Женева, 1935 год. Первый акт фашистской агрессии совершен. Лига Наций обсуждает жалобу на Италию, вторгшуюся в Эфиопию.
Некогда в Лиге Наций царил Аристид Бриан, царил в том смысле, что все восхищались его красноречием. Так же царил там Поль Бонкур. Много лет подряд французские делегаты произносили в Женеве эффектные речи, награждаемые шумными аплодисментами делегатов других держав. Впрочем, этим дело часто и ограничивалось: англичане не удостаивались подобных оваций, зато слово их сплошь и рядом определяло исход голосования.

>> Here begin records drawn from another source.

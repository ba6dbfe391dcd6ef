-- ===== src/V1/SavedSigner.antt =====
-- src/v1.rs: the group key of a signer, which no operation sets, and what is saved of it.
use wsts.Prelude.{ℕ, ◌≡◌, refl, ◌∙◌, some, List, [], ◌∷◌, map, arith}
use mathlib.Core.Path.{subst}
use wsts.Prelude.Maps.{Map}
use wsts.Curve.{Curve, Scalar, Point, Rng}
use wsts.Common.{PolyCommitment}
use wsts.V1.Party
use wsts.V1.Party.{Party, PartyState}
use wsts.V1.Signer
use wsts.V1.Signer.{Signer, SignerState, load, save, reset_polys, compute_secrets, gen_nonces}

module _ ⦃c : Curve⦄ where
  -- The signers that `new` and any operations after it lead to, also where these fail.
  pub data Reached : Signer → Type 0 where
    made :
        (id : ℕ) (key_ids : List ℕ) (num_keys threshold : ℕ) (rng : Rng)
        → Reached (Signer.new id key_ids num_keys threshold rng).0
    polys_reset :
        (s : Signer) (rng : Rng) {left : Signer × Rng}
        → Reached s
        → reset_polys s rng ≡ some left
        → Reached left.0
    secrets_computed :
        (s : Signer) (private_shares : Map (Map Scalar)) (polys : List PolyCommitment)
        → Reached s
        → Reached (compute_secrets private_shares polys s).0
    nonces_generated : (s : Signer) (rng : Rng) → Reached s → Reached (gen_nonces s rng).0
    restored : (s : Signer) → Reached s → Reached (load (save s))

  reset_polys-group_key :
      (s : Signer) (rng : Rng) (left : Signer × Rng)
      → reset_polys s rng ≡ some left
      → left.0.group_key ≡ s.group_key
  unfolding reset_polys
  reset_polys-group_key s rng left h = ground (arith, h)

  -- A signer's own group key is the point at infinity, whatever became of its parties'.
  pub group_key-Reached : (s : Signer) → Reached s → s.group_key ≡ c.origin
  unfolding compute_secrets gen_nonces load save Signer.new
  group_key-Reached _ (made id key_ids num_keys threshold rng) = refl
  group_key-Reached _ (polys_reset s rng {left = left} r h) =
      reset_polys-group_key s rng left h ∙ group_key-Reached s r
  group_key-Reached _ (secrets_computed s private_shares polys r) = group_key-Reached s r
  group_key-Reached _ (nonces_generated s rng r) = group_key-Reached s r
  group_key-Reached _ (restored s r) = group_key-Reached s r

  abbrev pub AllHave : Point → List Party → Type 0
  AllHave key [] = Unit {0}
  AllHave key (p ∷ parties) = (p.group_key ≡ key) × AllHave key parties

  loaded :
      (n : ℕ) (key : Point) (states : Map PartyState)
      → AllHave key (map (λ e. Party.load e.0 n key e.1) states)
  unfolding Party.load
  loaded n key [] = tt
  loaded n key ((id, state) ∷ states) = (refl, loaded n key states)

  -- A signer that `new` and any operations after it lead to, once saved and loaded: all its parties
  -- have the point at infinity for a group key, whatever key they had.
  pub load-save-Reached : (s : Signer) → Reached s → AllHave c.origin (load (save s)).parties
  unfolding load save
  load-save-Reached s r =
      subst
        (λ key. AllHave key (map (λ e. Party.load e.0 s.num_keys s.group_key e.1) (save s).parties))
        (group_key-Reached s r) (loaded s.num_keys s.group_key (save s).parties)
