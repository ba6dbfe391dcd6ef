-- ===== src/Tests/Failures.antt =====
-- A signer of src/v1.rs with one key that awaits private shares, and a signer that is saved and loaded.
use wsts.Prelude.{◌≡◌, refl, [], ◌∷◌, replicate, arith}
use wsts.Prelude.Outcome.{err, panic}
use wsts.Curve.{Curve}
use wsts.Curve.Five.{F5, f0, f1, f2, f3, f4, five, to_ℕ}
use wsts.Common
use wsts.Net
use wsts.Net.{DkgPrivateShares}
use wsts.Taproot
use wsts.Taproot.{SchnorrProof, from-to_bytes}
use wsts.Traits.{SignerTrait}
use wsts.V1.Party.{Party, reset_poly}
use wsts.Vss.{random_poly}
use wsts.V1.SavedSigner.{AllHave, made, nonces_generated, load-save-Reached}
use wsts.V1.Signer
use wsts.V1.Signer.{Signer, load, save}
use wsts.V1.Trait.{signer_trait}
use wsts.StateMachine.Signer.{
  dkg_public_distribute, dkg_private_gather, bad_state_change, SigningRound,
}
use wsts.StateMachine.Signer.Dkg.{dkg_begin}
use wsts.StateMachine.Signer.Failures.{process-short_share, dkg_begin-refused}
use wsts.StateMachine.Signer.Process.{process}
use wsts.Tests.Channel.{channel}

abbrev sgn : SignerTrait ⦃c = five⦄
sgn = signer_trait ⦃c = five⦄

abbrev party : Party ⦃c = five⦄
party = record {
  id = 0;
  public_key = f0;
  f = f1 ∷ f3 ∷ [];
  n = 2;
  private_key = f0;
  group_key = f0;
  nonce = Common.zero ⦃c = five⦄;
}

abbrev waiting : SigningRound ⦃c = five⦄ ⦃ch = channel⦄ ⦃sgn = sgn⦄
waiting = record {
  dkg_id = 1;
  sign_id = 1;
  sign_iter_id = 1;
  threshold = 2;
  total_signers = 2;
  total_keys = 2;
  signer = record { id = 0; num_keys = 2; group_key = f0; parties = party ∷ [] };
  signer_id = 0;
  state = dkg_private_gather;
  commitments = [];
  decrypted_shares = [];
  invalid_private_shares = 1 ∷ [];
  public_nonces = [];
  network_private_key = f3;
  public_keys = record { signers = (1, f2) ∷ []; key_ids = [] };
  os_rng = 1;
}

abbrev short : DkgPrivateShares
short = record { dkg_id = 1; signer_id = 1; shares = (1, (0, 4 ∷ []) ∷ []) ∷ [] }

process-short_share_example :
    (process ⦃c = five⦄ ⦃ch = channel⦄ ⦃sgn = sgn⦄ (Net.dkg_private_shares short) waiting).1 ≡ panic
unfolding Signer.get_key_ids
process-short_share_example =
    process-short_share ⦃c = five⦄ ⦃ch = channel⦄ ⦃sgn = sgn⦄ short waiting f2 1 0 (4 ∷ []) [] []
      refl refl refl (omega arith)

dkg_begin-refused_example :
    ((dkg_begin ⦃c = five⦄ ⦃ch = channel⦄ ⦃sgn = sgn⦄ (record { dkg_id = 2 }) waiting).1
      ≡ err (bad_state_change dkg_private_gather dkg_public_distribute))
    × ((dkg_begin ⦃c = five⦄ ⦃ch = channel⦄ ⦃sgn = sgn⦄ (record { dkg_id = 2 }) waiting).0
        ≡ record waiting {
          dkg_id = 2;
          invalid_private_shares = [];
          signer = record waiting.signer { parties = record party { f = f1 ∷ f2 ∷ [] } ∷ [] };
          os_rng = 3;
        })
unfolding Signer.reset_polys reset_poly random_poly
dkg_begin-refused_example =
    dkg_begin-refused ⦃c = five⦄ ⦃ch = channel⦄ ⦃sgn = sgn⦄ (record { dkg_id = 2 }) waiting _ _ refl
      refl

abbrev used : Signer ⦃c = five⦄
used = (Signer.new ⦃c = five⦄ 0 (0 ∷ 1 ∷ []) 2 2 1).0

load-save-Reached_example :
    AllHave ⦃c = five⦄ f0
      (load ⦃c = five⦄ (save ⦃c = five⦄ (Signer.gen_nonces ⦃c = five⦄ used 1).0)).parties
load-save-Reached_example =
    load-save-Reached ⦃c = five⦄ (Signer.gen_nonces ⦃c = five⦄ used 1).0
      (nonces_generated used 1 (made 0 (0 ∷ 1 ∷ []) 2 2 1))

-- Coordinates of 32 bytes.
abbrev wide : Curve
wide = record five { element_bytes = λ e. to_ℕ e ∷ replicate 31 0 }

element_back : (e : F5) → wide.element_of_bytes (wide.element_bytes e) ≡ e
element_back f0 = refl
element_back f1 = refl
element_back f2 = refl
element_back f3 = refl
element_back f4 = refl

scalar_back : (s : F5) → wide.of_bytes (wide.to_bytes s) ≡ s
scalar_back f0 = refl
scalar_back f1 = refl
scalar_back f2 = refl
scalar_back f3 = refl
scalar_back f4 = refl

abbrev proof : SchnorrProof ⦃c = wide⦄
proof = record { r = f2; s = f3 }

from-to_bytes_example : Taproot.from ⦃c = wide⦄ (Taproot.to_bytes ⦃c = wide⦄ proof) ≡ proof
from-to_bytes_example = from-to_bytes ⦃c = wide⦄ (λ e. refl) element_back scalar_back proof
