-- ===== src/Tests/Keys.antt =====
-- Key generation of two parties with the polynomial 1 + 3x each.
use wsts.Prelude.{ℕ, ◌≡◌, refl, [], ◌∷◌}
use wsts.Prelude.Maps.{Map}
use wsts.Curve.Five.{F5, f1, f2, f3, f4, five}
use wsts.Common.{PolyCommitment, verify}
use wsts.Compute.{id}
use wsts.Schnorr
use wsts.Util.{hash_to_scalar}
use wsts.Common.CheckPrivateShares.{new, multimult_trait}
use wsts.V1.Dkg.{missing, bad_ids_of, bad_id, batch, add_shares}
use wsts.V1.Party
use wsts.V1.Party.{load, save, compute_secret}
use wsts.V1.Keys.{share_sum, constant_sum, compute_secret-sums}

abbrev party : Party.Party ⦃c = five⦄
party = record {
  id = 0;
  public_key = f3;
  f = f1 ∷ f3 ∷ [];
  n = 2;
  private_key = f3;
  group_key = f2;
  nonce = record { d = f1; e = f2 };
}

abbrev comm : ℕ → PolyCommitment ⦃c = five⦄
comm i = record { id = (Schnorr.new ⦃c = five⦄ (id ⦃c = five⦄ i) f1 1).0; poly = f1 ∷ f3 ∷ [] }

abbrev shares : Map F5
shares = (0, f4) ∷ (1, f4) ∷ []

abbrev after : Party.Party ⦃c = five⦄
after = (compute_secret ⦃c = five⦄ shares (comm 0 ∷ comm 1 ∷ []) party).0

compute_secret-sums_example :
    (after.private_key ≡ f3) × (after.public_key ≡ f3) × (after.group_key ≡ f2)
unfolding compute_secret missing bad_ids_of bad_id verify Schnorr.verify Schnorr.new hash_to_scalar
    id batch new multimult_trait add_shares share_sum constant_sum
compute_secret-sums_example =
    compute_secret-sums ⦃c = five⦄ shares (comm 0 ∷ comm 1 ∷ []) party refl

Францию представляет в Женеве делегат особого типа. Речи его не потрясают сердец, ораторский стиль достаточно бесцветен, вульгарен; от Бриана, к которому некогда был близок, он унаследовал главным образом дар закулисной интриги, но присовокупил к этому и кое-что свое: недоговоренность, двусмысленность, поиски темных путей. И в этом его сила: во французском парламенте и в Лиге Наций опасаются этого политического деятеля, так как не знают, что кроется за его внешней сговорчивостью, отсутствием резкости, извилистой предприимчивостью, — это Пьер Лаваль.

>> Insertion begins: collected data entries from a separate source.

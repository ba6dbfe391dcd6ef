-- ===== src/Tests/Main.antt =====
-- The runs of src/main.rs with four keys, two signers and a threshold of two.
use wsts.Prelude.{
  ◌-◌, ℕ, ◌≡◌, refl, Option, none, some, List, [], ◌∷◌, map, suc, length, range, arith,
}
use wsts.Prelude.Outcome.{ok}
use wsts.Curve.Five.{F5, f1, f2, f3, f4, five, five-MultimultSucceeds, apart}
use wsts.Common.{PolyCommitment, Signature}
use wsts.Compute.{id}
use wsts.Compute.Lagrange.{Distinct}
use wsts.Main.{main, new_signers, new_parties}
use wsts.Main.RunV2.{main-signs}
use wsts.TestHelpers.{gen_signer_ids}
use wsts.TestHelpers.KeyRound.{num_parties, dkg-AreHonest}
use wsts.TestHelpers.SharedKeyRound.{num_keys_of, dkg-AreKeyed}
use wsts.TestHelpers.SigningRound.{parties_of}
use wsts.TestHelpers.V1.{dkg}
use wsts.TestHelpers.V2
use wsts.V1.Aggregator.{Aggregator, init}
use wsts.V1.Honest.{AreHonest, ids}
use wsts.V1.Party
use wsts.V1.Signer
use wsts.V2.Aggregator as SharedAggregator
use wsts.V2.Party as SharedParty
use wsts.V2.Rounds.{AreKeyed, keys_of}
use wsts.Vss.{random_poly}

four_ids : Distinct ⦃c = five⦄ (range 4)
unfolding id
four_ids = (
  (apart f1 f2 refl, (apart f1 f3 refl, (apart f1 f4 refl, tt))),
  ((apart f2 f3 refl, (apart f2 f4 refl, tt)), ((apart f3 f4 refl, tt), (tt, tt))),
)

abbrev signers : List (Signer.Signer ⦃c = five⦄)
signers = (new_signers ⦃c = five⦄ 4 2 0 ((0 ∷ 1 ∷ []) ∷ (2 ∷ 3 ∷ []) ∷ []) 1).0

abbrev self : Aggregator ⦃c = five⦄
self = record { num_keys = 4; threshold = 2; poly = [] }

dkg-AreHonest_example :
    (comms : List (PolyCommitment ⦃c = five⦄)) × (key : F5) × (rest : List F5) × ((dkg ⦃c = five⦄
        signers 5).1
      ≡ ok comms)
    × (init ⦃c = five⦄ comms self ≡ (record self { poly = key ∷ rest }, ok tt))
    × (suc (length rest) ≡ 2)
    × AreHonest ⦃c = five⦄ (key ∷ rest) key (parties_of ⦃c = five⦄ (dkg ⦃c = five⦄ signers 5).0.0)
    × (ids ⦃c = five⦄ (parties_of ⦃c = five⦄ (dkg ⦃c = five⦄ signers 5).0.0) ≡ range 4)
    × (map (num_parties ⦃c = five⦄) (dkg ⦃c = five⦄ signers 5).0.0
        ≡ map (num_parties ⦃c = five⦄) signers)
unfolding new_signers Signer.new Party.new random_poly
dkg-AreHonest_example =
    dkg-AreHonest ⦃c = five⦄ five-MultimultSucceeds self signers 5 (omega arith) (omega arith)
      (omega arith) refl (refl, refl, (refl, refl, (refl, refl, (refl, refl, tt))))

abbrev key_ids : List (List ℕ)
key_ids = (0 ∷ 1 ∷ []) ∷ (2 ∷ 3 ∷ []) ∷ []

-- Arguments of one digit.
abbrev parse : List ℕ → Option ℕ
parse [] = none
parse (digit ∷ digits) = some (digit - b'0')

main-signs_example :
    (signatures : Signature ⦃c = five⦄ × Signature ⦃c = five⦄) × (main ⦃c = five⦄ parse
        ([] ∷ (b'4' ∷ []) ∷ (b'2' ∷ []) ∷ (b'2' ∷ []) ∷ [])
        1
      ≡ some signatures)
unfolding gen_signer_ids new_signers new_parties Signer.new Party.new SharedParty.new random_poly
main-signs_example =
    main-signs ⦃c = five⦄ five-MultimultSucceeds parse
      ([] ∷ (b'4' ∷ []) ∷ (b'2' ∷ []) ∷ (b'2' ∷ []) ∷ []) 4 2 2 key_ids 1 refl refl refl
      (omega arith) (omega arith) (omega arith) refl (omega arith) (omega arith) four_ids
      (omega arith) refl (refl, (refl, (refl, (refl, tt)))) (λ sig rng h. (refl, (refl, tt)))

abbrev shared_self : SharedAggregator.Aggregator ⦃c = five⦄
shared_self = record { num_keys = 4; threshold = 2; poly = [] }

abbrev parties : List (SharedParty.Party ⦃c = five⦄)
parties = (new_parties ⦃c = five⦄ 4 2 2 0 key_ids 1).0

dkg-AreKeyed_example :
    (comms : List (PolyCommitment ⦃c = five⦄)) × (key : F5) × (rest : List F5) × ((V2.dkg ⦃c = five⦄
        parties 5).1
      ≡ ok comms)
    × (SharedAggregator.init ⦃c = five⦄ comms shared_self
        ≡ (record shared_self { poly = key ∷ rest }, ok tt))
    × (suc (length rest) ≡ 2)
    × AreKeyed ⦃c = five⦄ (key ∷ rest) key (V2.dkg ⦃c = five⦄ parties 5).0.0
    × (keys_of ⦃c = five⦄ (V2.dkg ⦃c = five⦄ parties 5).0.0 ≡ range 4)
    × (map (num_keys_of ⦃c = five⦄) (V2.dkg ⦃c = five⦄ parties 5).0.0
        ≡ map (num_keys_of ⦃c = five⦄) parties)
unfolding new_parties SharedParty.new random_poly
dkg-AreKeyed_example =
    dkg-AreKeyed ⦃c = five⦄ five-MultimultSucceeds shared_self parties 5 2 (omega arith) refl refl
      (refl, refl, refl, refl, (refl, refl, refl, refl, tt))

Во всем облике этого человека есть что-то ординарное, как буржуа полагает, "простонародное", но простым человеком его никак назвать нельзя — это по виду скорее внезапно разбогатевший конский барышник, любящий щегольнуть эксцентричностью, нелепым белым галстуком, например, над которым потешаются и в театриках Монмартра и на международных ассамблеях, или фамильярными заявлениями какому-нибудь чопорному иностранному дипломату: "Послушайте, старина, ведь мы с вами всего лишь маклеры!.."
Прямая его противоположность — изящнейший английский министр Антони Иден.
Я наблюдаю, как у двери в зал заседаний каждый из них предлагает другому пройти первым: Лаваль явно порываясь, но все же не решаясь похлопать Идена по плечу, Иден легким поворотом головы, с чуть заметной улыбкой показывая на дверь. Так стоят они друг против друга, а между тем, слегка вразвалку семенит к двери Литвинов: кивок Идену, кивок Лавалю — и, не задерживаясь между ними, первым входит в зал.
Советская делегация приковывает все мое внимание. Испытываю минутами то же чувство, как на польско-советской границе, когда не мог оторваться от арки с пятиконечной звездой и столбов, уходящих в родную даль. Так хотелось бы поговорить с этими людьми, ну хотя бы с А. М. Коллонтай, чтобы рассказать, как шестнадцатилетним мальчиком шел на ее квартиру, вот так же как сейчас, смутно желая найти общий язык с новой, неведомой мне Россией. Но между вами черта. Вышло так, что я чуть не перешагнул ее на миг.
В то время как я разговаривал в кулуарах с литовским посланником в Париже, мимо нас прошел Потемкин. Мой собеседник поздоровался с ним и вдруг ко мне: "Вы незнакомы?" Но в ту же секунду вспомнил, осекся и поспешил заговорить о другом.